# Übersichtsseiten



## s4nct0 (24. Juni 2016)

Hallo Zusammen,

 

irgendwie fehlen mir auf Buffed aktuell vernünftige Übersichtsseiten zu den einzelnen Themengebieten.

Ich habe gerade einen Artikel über den Treffsicherheitsjäger in Legion gelesen und dachte mir, hey das gibts ja noch zu mehr Klassen, aber wo?

Also fix auf WOW geklickt und dann kamen wieder 300 Artikel zur irgendwas.
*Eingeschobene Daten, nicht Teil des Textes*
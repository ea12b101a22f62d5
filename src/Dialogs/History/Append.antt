-- ===== src/Dialogs/History/Append.antt =====
-- `append`: what is stored, the numbers of the messages, and the title.
use mathlib.Core.List.{map-append}
use bmstu_nirs.Common.{
  nat_key, List, String, [], ap, arith, length, lookup, lookup-insert_ne, lookup-insert_self, map,
  none, refl, some, subst, sym, ℕ, ◌++◌, ◌+◌, ◌∙◌, ◌∷◌, ◌≡◌, ◌≢◌,
}
use bmstu_nirs.Dialogs.Models.{Message, Time, Uuid, ok}
use bmstu_nirs.Dialogs.History.{
  Dialog, History, answer, append, get, message_of, store_messages, title_after,
}

-- `n, n + 1, ...`, as many as there are messages.
abbrev pub ids_from : ℕ → List Message → List ℕ
ids_from n [] = []
ids_from n (m ∷ ms) = n ∷ ids_from (n + 1) ms

store_messages-ids :
    (n : ℕ) (now : Time) (ms : List Message)
    → map (λ m. m.id) (store_messages n now ms) ≡ ids_from n ms
unfolding store_messages
store_messages-ids n now [] = refl
store_messages-ids n now (m ∷ ms) = ap (◌∷◌ n) (store_messages-ids (n + 1) now ms)

store_messages-messages :
    (n : ℕ) (now : Time) (ms : List Message) → map message_of (store_messages n now ms) ≡ ms
unfolding store_messages
store_messages-messages n now [] = refl
store_messages-messages n now (m ∷ ms) = ap (◌∷◌ m) (store_messages-messages (n + 1) now ms)

-- An append to a stored dialog returns the next free numbers in order, and the owner then reads the
-- old messages followed by the new ones; no other dialog changes.
pub get-append :
    (title_of : String → String) (dialog_id j : Uuid) (ms : List Message) (now : Time) (h : History)
    {d : Dialog}
    → lookup dialog_id h.dialogs ≡ some d
    → let (answer, h') = append title_of dialog_id ms now h in
      (answer ≡ ok (ids_from h.message_ids ms))
      × (get d.owner_id dialog_id h' ≡ ok (map message_of d.messages ++ ms))
      × (h'.message_ids ≡ h.message_ids + length ms)
      × (j ≢ dialog_id → lookup j h'.dialogs ≡ lookup j h.dialogs)
unfolding append get
get-append title_of dialog_id j ms now h {d} stored =
    let new = store_messages h.message_ids now ms in
    let d' : Dialog = record d {
      messages = d.messages ++ new;
      title = title_after title_of d.title ms;
      updated_at = now;
    } in
    let messages : map message_of (d.messages ++ new) ≡ map message_of d.messages ++ ms =
      map-append message_of d.messages new
      ∙ ap (◌++◌ (map message_of d.messages)) (store_messages-messages h.message_ids now ms) in
    (
      ground (arith, store_messages-ids h.message_ids now ms),
      ground (arith, lookup-insert_self dialog_id d' h.dialogs),
      ground arith,
      λ other. ground (arith, lookup-insert_ne j dialog_id d' h.dialogs other),
    )

-- The title is that of the first request among the messages.
abbrev pub IsTitled : (String → String) → Dialog → Type 0
IsTitled title_of d = d.title ≡ title_after title_of none (map message_of d.messages)

title_after-append :
    (title_of : String → String) (ms ns : List Message)
    → title_after title_of (title_after title_of none ms) ns ≡ title_after title_of none (ms ++ ns)
title_after-append title_of [] ns = refl
title_after-append title_of (m ∷ ms) ns = ground (arith, title_after-append title_of ms ns)

-- Whatever is appended to a dialog, its title stays that of its first request, and it has none
-- before the first request.
pub append-IsTitled :
    (title_of : String → String) (dialog_id : Uuid) (ms : List Message) (now : Time) (h : History)
    {d d' : Dialog}
    → lookup dialog_id h.dialogs ≡ some d
    → IsTitled title_of d
    → lookup dialog_id (append title_of dialog_id ms now h).1.dialogs ≡ some d'
    → IsTitled title_of d'
unfolding append
append-IsTitled title_of dialog_id ms now h {d} {d'} stored titled stored' =
    let new = store_messages h.message_ids now ms in
    let e : Dialog = record d {
      messages = d.messages ++ new;
      title = title_after title_of d.title ms;
      updated_at = now;
    } in
    let same : d' ≡ e = ground (arith, lookup-insert_self dialog_id e h.dialogs) in
    let messages : map message_of (d.messages ++ new) ≡ map message_of d.messages ++ ms =
      map-append message_of d.messages new
      ∙ ap (◌++◌ (map message_of d.messages)) (store_messages-messages h.message_ids now ms) in
    subst (IsTitled title_of) (sym same) (
      ap (λ t. title_after title_of t ms) titled
      ∙ title_after-append title_of (map message_of d.messages) ms
      ∙ ap (title_after title_of none) (sym messages))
Naja gut auf Guides => Jäger, hm steht nicht mal der Artikel drin den ich gerade gelesen habe.

Ich bin bestimmt nur zu blöd den Filter zu finden, aber gibt es auf der Seite irgendwo eine Übersicht zu allen Klassenvorschau-Threads zum Thema Legion oder zumindest Artikel die sich mit Themen aus Legion befassen?
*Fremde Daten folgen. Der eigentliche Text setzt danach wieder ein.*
-- ===== src/Dialogs/History/Removal.antt =====
-- `delete` and the ratings: what is gone and what stays.
use bmstu_nirs.Common.{
  nat_key, Bool, Dict, List, Option, Option-cases, [], any, arith, erase, false, find,
  if◌then◌else◌, inl, inr, lookup, lookup-erase, lookup-map_values, map_values, none, refl, some,
  true, values, ℕ, ◌==◌, ◌∷◌, ◌≡◌,
}
use bmstu_nirs.Dialogs.Models.{StoredMessage, Uuid, dialog_not_found, err, ok}
use bmstu_nirs.Dialogs.History.{
  Dialog, History, StoredReport, answer, delete, detach, drop_feedback, get, is_about, owned,
  report_state,
}

abbrev pub has_id : ℕ → List StoredMessage → Bool
has_id m = any (λ x. x.id == m)

lookup-drop_feedback :
    (m : ℕ) (ms : List StoredMessage) (f : Dict ℕ ℕ)
    → lookup m (drop_feedback ms f) ≡ (if has_id m ms then none else lookup m f)
unfolding drop_feedback
lookup-drop_feedback m [] f = refl
lookup-drop_feedback m (x ∷ ms) f =
    ground (arith, lookup-drop_feedback m ms (erase x.id f), lookup-erase m x.id f)

about_any :
    (m : ℕ) (ms : List StoredMessage) (r : StoredReport)
    → has_id m ms ≡ true
    → is_about m r ≡ true
    → any (λ x. is_about x.id r) ms ≡ true
about_any m [] r h e = cc
about_any m (x ∷ ms) r h e = ground (arith, about_any m ms r)

detached :
    (m : ℕ) (ms : List StoredMessage) (r : StoredReport)
    → has_id m ms ≡ true
    → is_about m (detach ms r) ≡ false
detached m ms r h = ground (arith, about_any m ms r h)

find-detached :
    (m : ℕ) (ms : List StoredMessage) (reports : Dict ℕ StoredReport)
    → has_id m ms ≡ true
    → find (is_about m) (values (map_values (λ _. detach ms) reports)) ≡ none
find-detached m ms [] h = refl
find-detached m ms (e ∷ reports) h =
    ground (arith, detached m ms e.1 h, find-detached m ms reports h)

-- The specification of a report after the deletion of messages: `about` is the id of its message.
abbrev pub without_messages : List StoredMessage → Option ℕ → StoredReport → StoredReport
without_messages ms none r = r
without_messages ms (some k) r = if has_id k ms then record r { message_id = none } else r

pub is_about-has_id :
    (k : ℕ) (ms : List StoredMessage) (r : StoredReport)
    → r.message_id ≡ some k
    → any (λ x. is_about x.id r) ms ≡ has_id k ms
is_about-has_id k [] r e = refl
is_about-has_id k (x ∷ ms) r e = ground (arith, is_about-has_id k ms r e)

is_about-none :
    (ms : List StoredMessage) (r : StoredReport)
    → r.message_id ≡ none
    → any (λ x. is_about x.id r) ms ≡ false
is_about-none [] r e = refl
is_about-none (x ∷ ms) r e = ground (arith, is_about-none ms r e)

detach-without :
    (ms : List StoredMessage) (r : StoredReport) → detach ms r ≡ without_messages ms r.message_id r
detach-without ms r = elim (Option-cases r.message_id) [
  | inl e ↦ ground (arith, is_about-none ms r e)
  | inr (k, e) ↦ ground (arith, is_about-has_id k ms r e)
]

-- The owner deletes a dialog: it is gone, and its messages have no ratings and no reports; ratings of
-- other messages stay, and each report stays: it loses the id of its message if that is one of the
-- messages of the dialog, and is unchanged otherwise.
pub delete_lem :
    (owner_id dialog_id : Uuid) (m n : ℕ) (h : History) {d : Dialog}
    → owned owner_id dialog_id h ≡ ok d
    → let (answer, h') = delete owner_id dialog_id h in
      (answer ≡ ok tt)
      × (get owner_id dialog_id h' ≡ err (dialog_not_found dialog_id))
      × (has_id m d.messages ≡ true → (lookup m h'.feedback ≡ none) × (report_state m h' ≡ none))
      × (has_id m d.messages ≡ false → lookup m h'.feedback ≡ lookup m h.feedback)
      × (lookup n h'.reports ≡ elim (lookup n h.reports) [
        | none ↦ none
        | some r ↦ some (without_messages d.messages r.message_id r)
      ])
unfolding delete get report_state
delete_lem owner_id dialog_id m n h {d} mine = (
  ground arith,
  ground (arith, lookup-erase dialog_id dialog_id h.dialogs),
  λ there. (
    ground (arith, lookup-drop_feedback m d.messages h.feedback),
    ground (arith, find-detached m d.messages h.reports there),
  ),
  λ absent. ground (arith, lookup-drop_feedback m d.messages h.feedback),
  elim (Option-cases (lookup n h.reports)) [
    | inl e ↦ ground (arith, lookup-map_values (λ _. detach d.messages) n h.reports)
    | inr (r, e) ↦
        ground (
          arith,
          lookup-map_values (λ _. detach d.messages) n h.reports,
          detach-without d.messages r,
        )
  ],
)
Oder wenigstens einen Filter bei dem ich alles zum Film, Ostereiern, Addons, irgendwelchen Blogeinträgen wegfiltern kann um mir die Informationen zeitlich effizient zu beschaffen?

 

Die Option google ist mir bekannt 

 

Gruß


----------



## Patiekrice (25. Juni 2016)

leider nicht linkbar - aber so findest du es:

 




			Dieser Inhalt steht nur eingeloggten Mitgliedern zur Verfügung.


----------



## ZAM (28. Juni 2016)

Btw. genau die Sachen werden zur Zeit überarbeitet - also die Menüführung


----------